The 75th anniversary of the algorithm's publication in 2009 prompted reflections on its lasting impact, with analyses emphasizing its role in modern numerical methods.[8] Contemporary adaptations, including barycentric interpolation forms integrated into systems like Chebfun, have enhanced its applicability to high-degree polynomials and complex domains.[8]
Mathematical Foundations
Chebyshev Approximation Theory
The uniform norm, also known as the supremum or infinity norm, measures the maximum deviation of an approximation from the target function over a given interval [a, b], defined as \|e\|_\infty = \max_{x \in [a,b]} |f(x) - p(x)|, where f is the continuous function to be approximated and p is a polynomial of degree at most n.[9] The minimax problem seeks the polynomial p_n that minimizes this norm, yielding the best uniform approximation, which ensures the smallest possible worst-case error across the interval.[9]

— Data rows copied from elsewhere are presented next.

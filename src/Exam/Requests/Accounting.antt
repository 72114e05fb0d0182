-- ===== src/Exam/Requests/Accounting.antt =====
-- Every attempt is paid for by the closing of one session.
use ios_backend.Base.{
  ℕ, ◌+◌, ◌≡◌, refl, ◌∙◌, ◌&&◌, ◌==◌, inl, inr, Bool, true, false, some, String, List, [], ◌∷◌,
  nat_eq, find, count, update, update_none, find_holds, if◌then◌else◌, Bool-cases, arith, eq_iff,
  All, All-map, All-Memᴰ, HasUniqueKeys, update-HasUniqueKeys, All-absent, All-update, ap, sym,
  count-update,
}
use ios_backend.Exam.Types.{
  TestSession, TestSessionStatus, ExamAttempt, Answers, AttemptStatus, Db, is_active,
  session_has_id, is_open_with_id, is_closed,
}
use ios_backend.Exam.Platform.{Platform}
use ios_backend.Exam.Submit.{close_session, closing_status, score_and_persist}
use ios_backend.Exam.Submit.Outcome.{score_and_persist_commits, score_and_persist_closed}
use ios_backend.Exam.Requests.{
  World, with_db, Step, Reach, reads, closes, mirrors, starts, expires, assigns, assigns_next,
  redis_moves, here, next,
}
use ios_backend.Exam.Requests.Rows.{
  handle_session_expiry-rows, start_exam-rows, assign_exam-rows, assign_next_exam-rows,
}
use ios_backend.Exam.Start.{start_exam}
use ios_backend.Exam.Start.Outcome.{started_row}
use ios_backend.Exam.Sessions.{mirror_snapshot}
use ios_backend.Exam.Keyspace.{handle_session_expiry}
use ios_backend.Exam.Start.Atomic.{session_id_of}

-- A closed session of the student for the exam, and an attempt of the same.
abbrev pub is_closed_for : String → String → TestSession → Bool
is_closed_for user_id exam_id s = s.user_id == user_id && s.exam_id == exam_id && is_closed s

abbrev pub is_attempt_for : String → String → ExamAttempt → Bool
is_attempt_for user_id exam_id a = a.user_id == user_id && a.exam_id == exam_id

-- The rows of the same id have the same student and exam.
abbrev pub Agrees : TestSession → TestSession → Type 0
Agrees row t = t.id ≡ row.id → (t.user_id ≡ row.user_id) × (t.exam_id ≡ row.exam_id)

-- Closing the open rows of an id.
abbrev close_rows : String → TestSessionStatus → ℕ → Answers → List TestSession → List TestSession
close_rows id status now answers = update (is_open_with_id id) (close_session status now answers)

module _ (user_id exam_id : String) where
  count-close :
      (row : TestSession) (status : AttemptStatus) (now : ℕ) (answers : Answers)
      (xs : List TestSession)
      → All (Agrees row) xs
      → count
          (is_closed_for user_id exam_id)
          (close_rows row.id (closing_status status) now answers xs)
        ≡ count (is_closed_for user_id exam_id) xs
          + (if row.user_id == user_id && row.exam_id == exam_id
              then count (is_open_with_id row.id) xs
              else 0)
  count-close row status now answers [] h = ground arith
  count-close row status now answers (x ∷ xs) h = elim (Bool-cases (x.id == row.id)) [
    | inl same ↦
        let (user, exam) = h.0 ((eq_iff x.id row.id).0 same) in
        ground (arith, same, user, exam, count-close row status now answers xs h.1)
    | inr other ↦ ground (arith, other, count-close row status now answers xs h.1)
  ]

  count-expire :
      (id : String) (row : TestSession) (xs : List TestSession)
      → HasUniqueKeys session_id_of xs
      → find (session_has_id id) xs ≡ some row
      → is_active row.status ≡ true
      → count
          (is_closed_for user_id exam_id)
          (update (session_has_id id) (λ t. record t { status = TestSessionStatus.expired }) xs)
        ≡ count (is_closed_for user_id exam_id) xs
  count-expire id row [] u e a = refl
  count-expire id row (x ∷ xs) u e a = elim (Bool-cases (x.id == id)) [
    | inl same ↦ ground (
      arith,
      same,
      eq_iff x.id id,
      update_none (session_has_id id) (λ t. record t { status = TestSessionStatus.expired }) xs,
    )
    | inr other ↦ ground (arith, other, count-expire id row xs u.1)
  ]

find-Agrees :
    (id : String) (row : TestSession) (xs : List TestSession)
    → HasUniqueKeys session_id_of xs
    → find (session_has_id id) xs ≡ some row
    → All (Agrees row) xs
find-Agrees id row [] u e = tt
find-Agrees id row (x ∷ xs) u e = elim (Bool-cases (x.id == id)) [
  | inl same ↦
      let is_row : x ≡ row = ground (arith, same) in
      (
        (λ _. ground (arith, is_row)),
        All-map (λ y. (y.id == x.id) ≡ false) (Agrees row) xs
            (λ y ne k. ground (arith, is_row, eq_iff y.id x.id))
            (All-absent session_id_of x.id xs u.0),
      )
  | inr other ↦
      let there : find (session_has_id id) xs ≡ some row = ground (arith, other) in
      let held = find_holds (session_has_id id) xs row there in
      (
        (λ k. absurd (ground (arith, other, held, eq_iff x.id id, eq_iff row.id id))),
        find-Agrees id row xs u.1 there,
      )
]

-- The requests of one student for one exam.
module _ (env : Platform) (user_id exam_id : String) where
  open env use {redis}

  -- The ids of sessions are distinct, the rows that requests hold are up to date in their ids, and there
  -- are as many attempts as closed sessions.
  pub record IsAccounted (w : World redis.Store) : Type 0 where
    pub unique : HasUniqueKeys session_id_of w.db.sessions
    pub agree : All (λ row. All (Agrees row) w.db.sessions) w.held
    pub balance :
        count (is_attempt_for user_id exam_id) w.db.attempts
        ≡ count (is_closed_for user_id exam_id) w.db.sessions

  -- A write of rows that leaves their ids, students and exams alone.
  rewritten :
      (p : TestSession → Bool) (f : TestSession → TestSession) (w : World redis.Store)
      (s : Db redis.Store)
      → ((x : TestSession)
          → ((f x).id ≡ x.id) × ((f x).user_id ≡ x.user_id) × ((f x).exam_id ≡ x.exam_id))
      → s.sessions ≡ update p f w.db.sessions
      → count (is_attempt_for user_id exam_id) s.attempts
        ≡ count (is_closed_for user_id exam_id) (update p f w.db.sessions)
      → IsAccounted w
      → IsAccounted (with_db w s)
  rewritten p f w s same e balance v = record {
    unique = rw e (update-HasUniqueKeys session_id_of p f w.db.sessions (λ x. (same x).0) v.unique);
    agree = rw e (
        All-map (λ row. All (Agrees row) w.db.sessions)
          (λ row. All (Agrees row) (update p f w.db.sessions)) w.held
          (λ row h.
            All-update (Agrees row) p f w.db.sessions
              (λ x _ k j. ground (arith, same x, k (ground (arith, same x)))) h)
          v.agree);
    balance = rw e balance;
  }

  unchanged :
      (w : World redis.Store) (s : Db redis.Store)
      → s.sessions ≡ w.db.sessions
      → s.attempts ≡ w.db.attempts
      → IsAccounted w
      → IsAccounted (with_db w s)
  unchanged w s e f v = record {
    unique = rw e v.unique;
    agree = rw e v.agree;
    balance = rw (e, f) v.balance;
  }

  closes-IsAccounted :
      (w : World redis.Store) (row : TestSession) (answers : Answers) (status : AttemptStatus)
      (late : Bool) (now : ℕ) (id : String)
      → All (Agrees row) w.db.sessions
      → IsAccounted w
      → IsAccounted (with_db w (score_and_persist env row answers status late now id w.db).1)
  closes-IsAccounted w row answers status late now id h v =
      elim (Bool-cases (nat_eq (count (is_open_with_id row.id) w.db.sessions) 1)) [
        | inl one ↦
            let done =
              score_and_persist_commits env row answers status late now id w.db (ground arith) in
            rewritten (is_open_with_id row.id) (close_session (closing_status status) now answers) w
              _ (λ x. (refl, refl, refl)) (ap (λ d. d.sessions) done.0)
              (rw (ap (λ d. d.attempts) done.0) (
                ground (
                  arith,
                  count-close user_id exam_id row status now answers w.db.sessions h,
                  v.balance,
                )))
              v
        | inr other ↦
            rw (score_and_persist_closed env row answers status late now id w.db (ground arith))
              (unchanged w w.db refl refl v)
      ]

  mirrors-IsAccounted :
      (w : World redis.Store) (row : TestSession) (answers : Answers)
      → IsAccounted w
      → IsAccounted (with_db w (mirror_snapshot env row answers w.db).1)
  unfolding mirror_snapshot
  mirrors-IsAccounted w row answers v =
      rewritten (session_has_id row.id) (λ t. record t { snapshot = some answers }) w _
        (λ x. (refl, refl, refl)) refl
        (v.balance
          ∙ sym (
              count-update (session_has_id row.id) (is_closed_for user_id exam_id)
                (λ t. record t { snapshot = some answers }) w.db.sessions (λ x. refl)))
        v

  expires-IsAccounted :
      (w : World redis.Store) (id : String) (now : ℕ)
      → IsAccounted w
      → IsAccounted (with_db w (handle_session_expiry env id now w.db).1)
  expires-IsAccounted w id now v =
      let (attempts, rows) = handle_session_expiry-rows env id now w.db in
      elim rows [
        | inl same ↦ unchanged w _ same attempts v
        | inr (row, found, active, done) ↦
            rewritten (session_has_id id) (λ t. record t { status = TestSessionStatus.expired }) w _
              (λ x. (refl, refl, refl)) done
              (rw attempts (
                v.balance
                ∙ sym (count-expire user_id exam_id id row w.db.sessions v.unique found active)))
              v
      ]

  -- A new active row under a new id.
  added :
      (w : World redis.Store) (s : Db redis.Store) (x : TestSession)
      → count (session_has_id x.id) w.db.sessions ≡ 0
      → All (λ row. (row.id == x.id) ≡ false) w.held
      → is_closed x ≡ false
      → s.sessions ≡ x ∷ w.db.sessions
      → s.attempts ≡ w.db.attempts
      → IsAccounted w
      → IsAccounted (with_db w s)
  added w s x fresh unheld idle rows attempts v = record {
    unique = rw rows (fresh, v.unique);
    agree = rw rows (agrees w.held unheld v.agree);
    balance = rw (rows, attempts) (ground (arith, v.balance));
  }
    where
      agrees :
          (held : List TestSession)
          → All (λ row. (row.id == x.id) ≡ false) held
          → All (λ row. All (Agrees row) w.db.sessions) held
          → All (λ row. All (Agrees row) (x ∷ w.db.sessions)) held
      agrees [] u h = tt
      agrees (r ∷ rs) u h = (((λ k. ground (arith, u.0, eq_iff r.id x.id)), h.0), agrees rs u.1 h.1)

  starts-IsAccounted :
      (w : World redis.Store) (user code exam id : String) (now : ℕ)
      → count (session_has_id id) w.db.sessions ≡ 0
      → All (λ row. (row.id == id) ≡ false) w.held
      → IsAccounted w
      → IsAccounted (with_db w (start_exam env user code exam id now w.db).1)
  starts-IsAccounted w user code exam id now fresh unheld v =
      let (attempts, rows) = start_exam-rows env user code exam id now w.db fresh in
      elim rows [
        | inl same ↦ unchanged w _ same attempts v
        | inr (found, done) ↦
            added w _ (started_row env user exam id now found) fresh unheld refl done attempts v
      ]

  -- Every step keeps the account.
  step-IsAccounted : {w u : World redis.Store} → Step env w u → IsAccounted w → IsAccounted u
  step-IsAccounted {w} (reads id row found) v = record {
    unique = v.unique;
    agree = (find-Agrees id row w.db.sessions v.unique found, v.agree);
    balance = v.balance;
  }
  step-IsAccounted {w} (closes row answers status late now id held) v =
      closes-IsAccounted w row answers status late now id
        (All-Memᴰ (λ r. All (Agrees r) w.db.sessions) held v.agree) v
  step-IsAccounted {w} (mirrors row answers held) v = mirrors-IsAccounted w row answers v
  step-IsAccounted {w} (starts user code exam id now fresh unheld) v =
      starts-IsAccounted w user code exam id now fresh unheld v
  step-IsAccounted {w} (expires id now) v = expires-IsAccounted w id now v
  step-IsAccounted {w} (assigns user exam cert fresh now) v =
      let (rows, attempts) = assign_exam-rows env user exam cert fresh now w.db in
      unchanged w _ rows attempts v
  step-IsAccounted {w} (assigns_next user cert fresh now) v =
      let (rows, attempts) = assign_next_exam-rows env user cert fresh now w.db in
      unchanged w _ rows attempts v
  step-IsAccounted {w} (redis_moves t) v = unchanged w _ refl refl v

  -- From a state in which session ids are distinct, the rows that requests hold agree with the
  -- table, and a student has for an exam as many attempts as closed sessions, every
  -- interleaving of requests leads to such a state again: no session is scored twice, and none
  -- is closed without its attempt. The expiry handler reads and writes in one step here, and
  -- the ids of new sessions are new.
  pub Reach-IsAccounted : {w u : World redis.Store} → Reach env w u → IsAccounted w → IsAccounted u
  Reach-IsAccounted here v = v
  Reach-IsAccounted (next r st) v = step-IsAccounted st (Reach-IsAccounted r v)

For a continuous function f on a compact interval [a, b], there exists a unique polynomial of degree at most n that achieves this minimal uniform norm, distinguishing uniform approximation from other settings where multiple solutions may exist.[10] This uniqueness guarantees a well-defined best approximation, facilitating theoretical analysis and practical computation in approximation theory.
Chebyshev polynomials of the first kind, T_n(x), play a central role as they provide the monic polynomial of degree n with the smallest maximum deviation from zero on [-1, 1], where the leading coefficient is $2^{n-1} for n \geq 1.[11] These polynomials equioscillate between -1 and $1, achieving the minimal deviation bound of $1/2^{n-1}. To extend this to an arbitrary interval [a, b], Chebyshev polynomials are scaled and shifted via the affine transformation x = \frac{b-a}{2} t + \frac{a+b}{2}, where t \in [-1, 1], preserving the minimax properties while adapting to the new domain.[12]
The uniform norm is preferred in numerical analysis over other norms, such as the L^2 norm, because it directly bounds the worst-case error, which is critical for applications requiring guaranteed performance across the entire interval rather than average behavior.[13]
Equioscillation Theorem
The equioscillation theorem, also known as Chebyshev's alternation theorem, provides a fundamental characterization of the best uniform (minimax) polynomial approximation to a continuous function on a closed interval. Specifically, for a continuous function f: [a, b] \to \mathbb{R} and polynomials of degree at most n, a polynomial p_n is the unique best uniform approximation to f if and only if the error e(x) = f(x) - p_n(x) equioscillates at exactly n+2 points in [a, b]. That is, there exist points x_0 < x_1 < \cdots < x_{n+1} such that |e(x_i)| = \|e\|_\infty for all i = 0, \dots, n+1, and the signs alternate: e(x_{i+1}) = -e(x_i).[14][15]
A closely related result is the de la Vallée Poussin theorem, which states that if there exist n+2 points t_0 < t_1 < \cdots < t_{n+1} in [a, b] such that f(t_i) - p(t_i) = (-1)^i \epsilon_i for some polynomial p of degree at most n and \epsilon_i > 0 with constant sign, then the best approximation error satisfies E_n(f) \geq \min_i \epsilon_i.[16]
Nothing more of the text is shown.